Pick up will be in Kingsland, GA...about 15-30 minutes from Jax. "


----------



## girlll_face (Jun 9, 2009)

He's beautiful. I hope he finds a good home.


----------



## HeidiW (Apr 9, 2009)

That is a beautiful boy! I wonder if they paid big money for him, he looks like the type. Is he free? Hope he finds anice home.


----------



## Lestra08 (Jun 22, 2009)

If she is only 17 weeks pregnant it doesn't make sense that they need him gone in two weeks due to a baby coming. But I guess one excuse is as good as another.

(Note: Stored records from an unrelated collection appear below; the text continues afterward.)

-- ===== src/Raft/Leadership/Rounds.antt =====
-- The start of a leader and each round of its loop return, and keep its invariant.
use cs525_project.Common.{
  ℕ, zero, suc, ◌+◌, ◌-◌, ◌≤◌, ◌<◌, Bool, true, false, ◌≡◌, refl, ◌∙◌, ap, Option, none, some, List,
  [], ◌∷◌, arith, length, length-replicate, get_elem?, get_elem?-lt, All, All-get_elem?,
  All-replicate, ltb, inl, inr, ok, item, Bool-cases, ==_iff, if◌then◌else◌, ◌==◌,
}
use cs525_project.Protocol.{
  Entry, appends, AppendEntriesResults, AppendEntriesMessage, RequestVotesMessage, Message,
  request_votes_message, append_entries_message,
}
use cs525_project.Protocol.MessageType
use cs525_project.Protocol.MessageDirection
use cs525_project.Raft.State.{RaftNode, heartbeat_frequency, resend_time, pure, reads, ◌>>=◌, ◌>>◌}
use cs525_project.Raft.Send.{send_heartbeat, send_vote, send_message}
use cs525_project.Raft.Log.{index_of, set_current_role, increment_term}
use cs525_project.Raft.Client.{get_client_request, pop_request}
use cs525_project.Raft.Follower.{Flow, again, done}
use cs525_project.Raft.Candidate.{yield_vote}
use cs525_project.Raft.Leader.{
  LeaderClock, times, reset_nodes, leader_entry, leader_start, beat, is_silent, resend_to, resend,
  assign_heard, on_client_request, leader_message, leader_receive, serve_request, leader_requests,
  leader_round, send_entry,
}
use cs525_project.Raft.Returns.{
  Returns, Ensures-if, Returns-weaken, Returns-bind, Returns-pure, Returns-reads, Returns-gets,
  Returns-modify,
}
use cs525_project.Raft.Leadership.{Group, InLog, IsLeading}
use cs525_project.Raft.Leadership.Assign.{
  Leads, assign_heard-Leads, send_entry-Leads, address-Leads, send_heartbeat-IsLeading,
}
use cs525_project.Raft.Leadership.Broadcast.{broadcast_append_entries-Leads}
use cs525_project.Raft.Leadership.Answers.{on_acknowledge-Leads}

-- The invariant, for a log that may have grown.
abbrev pub LeadsOn : {A : Type 0} → Group → ℕ → A → RaftNode → Type 0
LeadsOn g top a s = (last : ℕ) × (top ≤ last) × IsLeading g last last s

module _ {g : Group} {top : ℕ} {s : RaftNode} (h : IsLeading g top top s) where
  beat-Leads : (c : LeaderClock) (last : ℕ) → Returns (Leads g top top) (beat c last) s
  unfolding beat
  beat-Leads c last = record {
    holds = elim (Bool-cases (ltb heartbeat_frequency (c.check - last))) [
      | inl e ↦ rw e (send_heartbeat-IsLeading h)
      | inr e ↦ rw e h
    ];
  }

  resend_now-Leads :
      (c : LeaderClock) (node index : ℕ) (silent : Bool)
      → node < length g.ids
      → index ≤ top
      → Returns
          (Leads g top top)
          (if silent
            then (reads (λ t. item t.all_ids node) >>= λ address.
                send_entry index (some address) >> assign_heard node (c.resend_at node))
            else pure tt)
          s
  resend_now-Leads c node index true n i =
      Returns-bind _ _ s (address-Leads h node n) λ address t ht.
        Returns-bind _ _ t (send_entry-Leads ht index (some address) i)
          λ _ u hu. assign_heard-Leads hu node (c.resend_at node) n
  resend_now-Leads c node index false n i = Returns-pure tt s h

is_silent-ok :
    (c : LeaderClock) (node heard : ℕ) (s : RaftNode)
    → get_elem? s.heard_from node ≡ some heard
    → is_silent c node s ≡ ok (ltb resend_time (c.resend_check node - heard))
unfolding is_silent
is_silent-ok c node heard s e = rw (e, is_silent)

resend_to-Leads :
    {g : Group} {top : ℕ} {s : RaftNode} (h : IsLeading g top top s) (c : LeaderClock)
    (node index : ℕ)
    → node < length g.ids
    → index ≤ top
    → Returns (Leads g top top) (resend_to c node index) s
unfolding resend_to
resend_to-Leads {g} {top} {s} h c node index n i =
    let (heard, at) = get_elem?-lt s.heard_from node (omega (arith, h.heard_length)) in
    Returns-bind _ _ s
      (Returns-reads {P = Leads g top top} _ _ s (is_silent-ok c node heard s at) h)
      λ silent t ht. resend_now-Leads ht c node index silent n i

resend-Leads :
    {g : Group} {top : ℕ} (c : LeaderClock) (node : ℕ) (nodes : List (Option ℕ)) {s : RaftNode}
    → IsLeading g top top s
    → All (InLog top) nodes
    → node + length nodes ≡ length g.ids
    → Returns (Leads g top top) (resend c node nodes) s
unfolding resend
resend-Leads c node [] h a l = Returns-pure tt _ h
resend-Leads c node (none ∷ rest) h a l = resend-Leads c (suc node) rest h a.1 (omega arith)
resend-Leads c node (some index ∷ rest) h a l =
    Returns-bind _ _ _ (resend_to-Leads h c node index (omega arith) a.0.1)
      λ _ t ht. resend-Leads c (suc node) rest ht a.1 (omega arith)

-- What a leader can handle: an acknowledgement comes from a node of the group and holds its results,
-- and a request that was sent on holds an entry.
abbrev pub IsAnswerable : Group → Option Message → Type 0
IsAnswerable g none = Unit
IsAnswerable g (some (request_votes_message m)) = Unit
IsAnswerable g (some (append_entries_message m)) =
    (m.type_ ≡ MessageType.acknowledge
      → (node : ℕ) × (r : AppendEntriesResults) × (index_of m.sender g.ids ≡ some node)
        × (m.results ≡ appends r))
    × (m.type_ ≡ MessageType.client_request → (e : Entry) × (m.entries ≡ some e))

yield_vote-IsLeading :
    {g : Group} {top : ℕ} {s : RaftNode} (h : IsLeading g top top s) (m : RequestVotesMessage)
    → IsLeading g top top (yield_vote m s)
unfolding yield_vote set_current_role send_vote send_message increment_term
yield_vote-IsLeading h m = record {
  ids_eq = h.ids_eq;
  id_eq = h.id_eq;
  nodes_eq = h.nodes_eq;
  log_length = h.log_length;
  next_length = h.next_length;
  match_length = h.match_length;
  heard_length = h.heard_length;
  nexts = h.nexts;
  own = h.own;
}

on_client_request-Leads :
    {g : Group} {top : ℕ} {s : RaftNode} (h : IsLeading g top top s) (m : AppendEntriesMessage)
    (e : Entry)
    → m.entries ≡ some e
    → Returns (Leads g (suc top) (suc top)) (on_client_request m) s
unfolding on_client_request
on_client_request-Leads {g} {top} {s} h m e found = record {
  holds = rw found ((broadcast_append_entries-Leads h e).holds);
}

-- The log has not changed.
same_log : {g : Group} {top : ℕ} {s : RaftNode} → IsLeading g top top s → LeadsOn g top tt s
same_log {g} {top} h = (top, omega arith, h)

leader_message-Leads :
    {g : Group} {top : ℕ} {s : RaftNode} (h : IsLeading g top top s) (c : LeaderClock) (last : ℕ)
    (m : Message)
    → IsAnswerable g (some m)
    → Returns (LeadsOn g top) (leader_message c last m) s
unfolding leader_message
leader_message-Leads {g} {top} {s} h c last (request_votes_message m) a = record {
  holds =
      Ensures-if (LeadsOn g top) (m.direction == MessageDirection.request) _ _
        (λ _.
          Ensures-if (LeadsOn g top) (ltb s.current_term m.term) _ _
            (λ _. same_log (yield_vote-IsLeading h m)) (λ _. same_log h))
        (λ _. same_log h);
}
leader_message-Leads {g} {top} {s} h c last (append_entries_message m) a =
    let acknowledged = λ (e : (m.type_ == MessageType.acknowledge) ≡ true).
      let (node, r, known, results) = a.0 ((==_iff m.type_ MessageType.acknowledge).0 e) in
      Returns-bind {Q = LeadsOn g top} _ (λ _. pure (again last)) s
        (on_acknowledge-Leads h c.ack m r node known results)
        (λ _ t ht. Returns-pure (again last) t (same_log ht)) in
    let requested = λ (e : (m.type_ == MessageType.client_request) ≡ true).
      let (entry, found) = a.1 ((==_iff m.type_ MessageType.client_request).0 e) in
      Returns-bind {Q = LeadsOn g top} _ (λ _. pure (again last)) s
        (on_client_request-Leads h m entry found)
        (λ _ t ht. Returns-pure (again last) t (suc top, omega arith, ht)) in
    record {
      holds =
          Ensures-if (LeadsOn g top) (m.direction == MessageDirection.response) _ _
            (λ _.
              Ensures-if (LeadsOn g top) (m.type_ == MessageType.acknowledge) _ _
                (λ e. (acknowledged e).holds)
                (λ _.
                  Ensures-if (LeadsOn g top) (m.type_ == MessageType.client_request) _ _
                    (λ e. (requested e).holds) (λ _. same_log h)))
            (λ _. same_log h);
    }

leader_receive-Leads :
    {g : Group} {top : ℕ} {s : RaftNode} (h : IsLeading g top top s) (c : LeaderClock) (last : ℕ)
    (incoming : Option Message)
    → IsAnswerable g incoming
    → Returns (LeadsOn g top) (leader_receive c incoming last) s
unfolding leader_receive
leader_receive-Leads h c last none a = record { holds = same_log h }
leader_receive-Leads h c last (some m) a = record {
  holds = (leader_message-Leads h c last m a).holds;
}

-- Taking a request out of the queue.
pop_request-IsLeading :
    {g : Group} {top : ℕ} (queue : List Entry) (s : RaftNode)
    → IsLeading g top top s
    → IsLeading g top top (pop_request queue s).1
pop_request-IsLeading [] s h = h
pop_request-IsLeading (e ∷ rest) s h = record {
  ids_eq = h.ids_eq;
  id_eq = h.id_eq;
  nodes_eq = h.nodes_eq;
  log_length = h.log_length;
  next_length = h.next_length;
  match_length = h.match_length;
  heard_length = h.heard_length;
  nexts = h.nexts;
  own = h.own;
}

serve_request-Leads :
    {g : Group} {top : ℕ} {s : RaftNode} (h : IsLeading g top top s) (last : ℕ)
    (request : Option Entry)
    → Returns (LeadsOn g top) (serve_request last request) s
unfolding serve_request
serve_request-Leads h last none = Returns-pure (again last) _ (same_log h)
serve_request-Leads {g} {top} {s} h last (some e) =
    Returns-bind {Q = LeadsOn g top} _ (λ _. pure (again last)) s
      (broadcast_append_entries-Leads h e)
      λ _ t ht. Returns-pure (again last) t (suc top, omega arith, ht)

leader_requests-Leads :
    {g : Group} {top : ℕ} {s : RaftNode} (h : IsLeading g top top s) (flow : Flow ℕ)
    → Returns (LeadsOn g top) (leader_requests flow) s
unfolding leader_requests get_client_request
leader_requests-Leads h done = record { holds = same_log h }
leader_requests-Leads {s = s} h (again last) = record {
  holds =
      (serve_request-Leads (pop_request-IsLeading s.client_queue s h) last
        (pop_request s.client_queue s).0).holds;
}

-- A round of the loop of a leader that has the invariant returns, whatever the clock shows, without a
-- message and on every message that it can handle, and keeps the invariant, for a log that may have
-- grown: there is no IndexError and no ValueError.
pub leader_round-Leads :
    (g : Group) (top : ℕ) (s : RaftNode)
    → IsLeading g top top s
    → (c : LeaderClock) (incoming : Option Message) (last : ℕ) → IsAnswerable g incoming
    → Returns (LeadsOn g top) (leader_round c incoming last) s
unfolding leader_round
leader_round-Leads g top s h c incoming last a =
    Returns-bind _ _ s (beat-Leads h c last) λ last' t ht.
      Returns-bind _ _ t
        (Returns-gets
          {P = λ nodes u.
            IsLeading g top top u × (length nodes ≡ length g.ids) × All (InLog top) nodes}
          _ t (ht, ht.next_length, ht.nexts))
        λ nodes u hu.
          Returns-bind _ _ u (resend-Leads c 0 nodes hu.0 hu.2 (omega (arith, hu.1))) λ _ v hv.
            Returns-bind _ _ v (leader_receive-Leads hv c last' incoming a) λ flow w hw.
              Returns-weaken (leader_requests-Leads hw.2 flow)
                (λ f x hx. (hx.0, omega (arith, hw.1, hx.1), hx.2))

-- What a node needs to become a leader: a log that is not empty, and its own address in the group.
pub record IsReady (g : Group) (top : ℕ) (s : RaftNode) : Type 0 where
  pub ids_eq : s.all_ids ≡ g.ids
  pub id_eq : s.my_id ≡ g.my
  pub nodes_eq : s.current_num_nodes ≡ length g.ids
  pub log_length : length s.log ≡ suc top

length-times : (heard : ℕ → ℕ) (n k : ℕ) → length (times heard n k) ≡ n
unfolding times
length-times heard zero k = refl
length-times heard (suc n) k = ap suc (length-times heard n (suc k))

started :
    {g : Group} {top : ℕ} {s : RaftNode} (h : IsReady g top s) (heard : ℕ → ℕ)
    → IsLeading g top s.commit_index (reset_nodes heard (send_heartbeat s))
unfolding reset_nodes send_heartbeat send_message
started {g} {top} {s} h heard = record {
  ids_eq = h.ids_eq;
  id_eq = h.id_eq;
  nodes_eq = h.nodes_eq;
  log_length = h.log_length;
  next_length = length-replicate s.current_num_nodes none ∙ h.nodes_eq;
  match_length = length-replicate s.current_num_nodes s.commit_index ∙ h.nodes_eq;
  heard_length = length-times heard s.current_num_nodes 0 ∙ h.nodes_eq;
  nexts = All-replicate (InLog top) s.current_num_nodes none tt;
  own = λ x e. omega (
    arith,
    All-get_elem? (λ y. y ≤ s.commit_index) _ g.me x
        (All-replicate (λ y. y ≤ s.commit_index) s.current_num_nodes s.commit_index (omega arith))
        e,
  );
}

-- A node whose addresses are those of a group that it belongs to, and whose log is not empty, starts
-- to lead without an exception, and with the invariant; its log is longer by one entry.
pub leader_start-Leads :
    (g : Group) (top : ℕ) (s : RaftNode)
    → IsReady g top s
    → (now : ℕ) (heard : ℕ → ℕ) → Returns (Leads g (suc top) (suc top)) (leader_start now heard) s
unfolding leader_start
leader_start-Leads g top s h now heard =
    Returns-bind _ _ s (Returns-modify {P = λ _ t. t ≡ send_heartbeat s} _ s refl) λ _ t et.
      Returns-bind _ _ t
        (Returns-modify {P = Leads g top s.commit_index} _ t (rw et (started h heard)))
        λ _ u hu.
          Returns-bind _ _ u (Returns-gets {P = Leads g top s.commit_index} _ u hu) λ term v hv.
            Returns-bind _ _ v (broadcast_append_entries-Leads hv (leader_entry term))
              λ _ w hw. Returns-pure now w hw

I hope he finds a better home and gets the attention he truly deserves and needs. 

Tracy K


----------



## sgtmom52 (Aug 30, 2008)

What a handsome dog!


----------



## GSDTrain (Apr 21, 2008)

gorgeous!!


Puppy Pics:



















Now:


----------



## ShepherdMania (Jun 17, 2008)

> Originally Posted By: Tracy KIf she is only 17 weeks pregnant it doesn't make sense that they need him gone in two weeks due to a baby coming. But I guess one excuse is as good as another. I hope he finds a better home and gets the attention he truly deserves and needs.
> 
> Tracy K


I hate people!


----------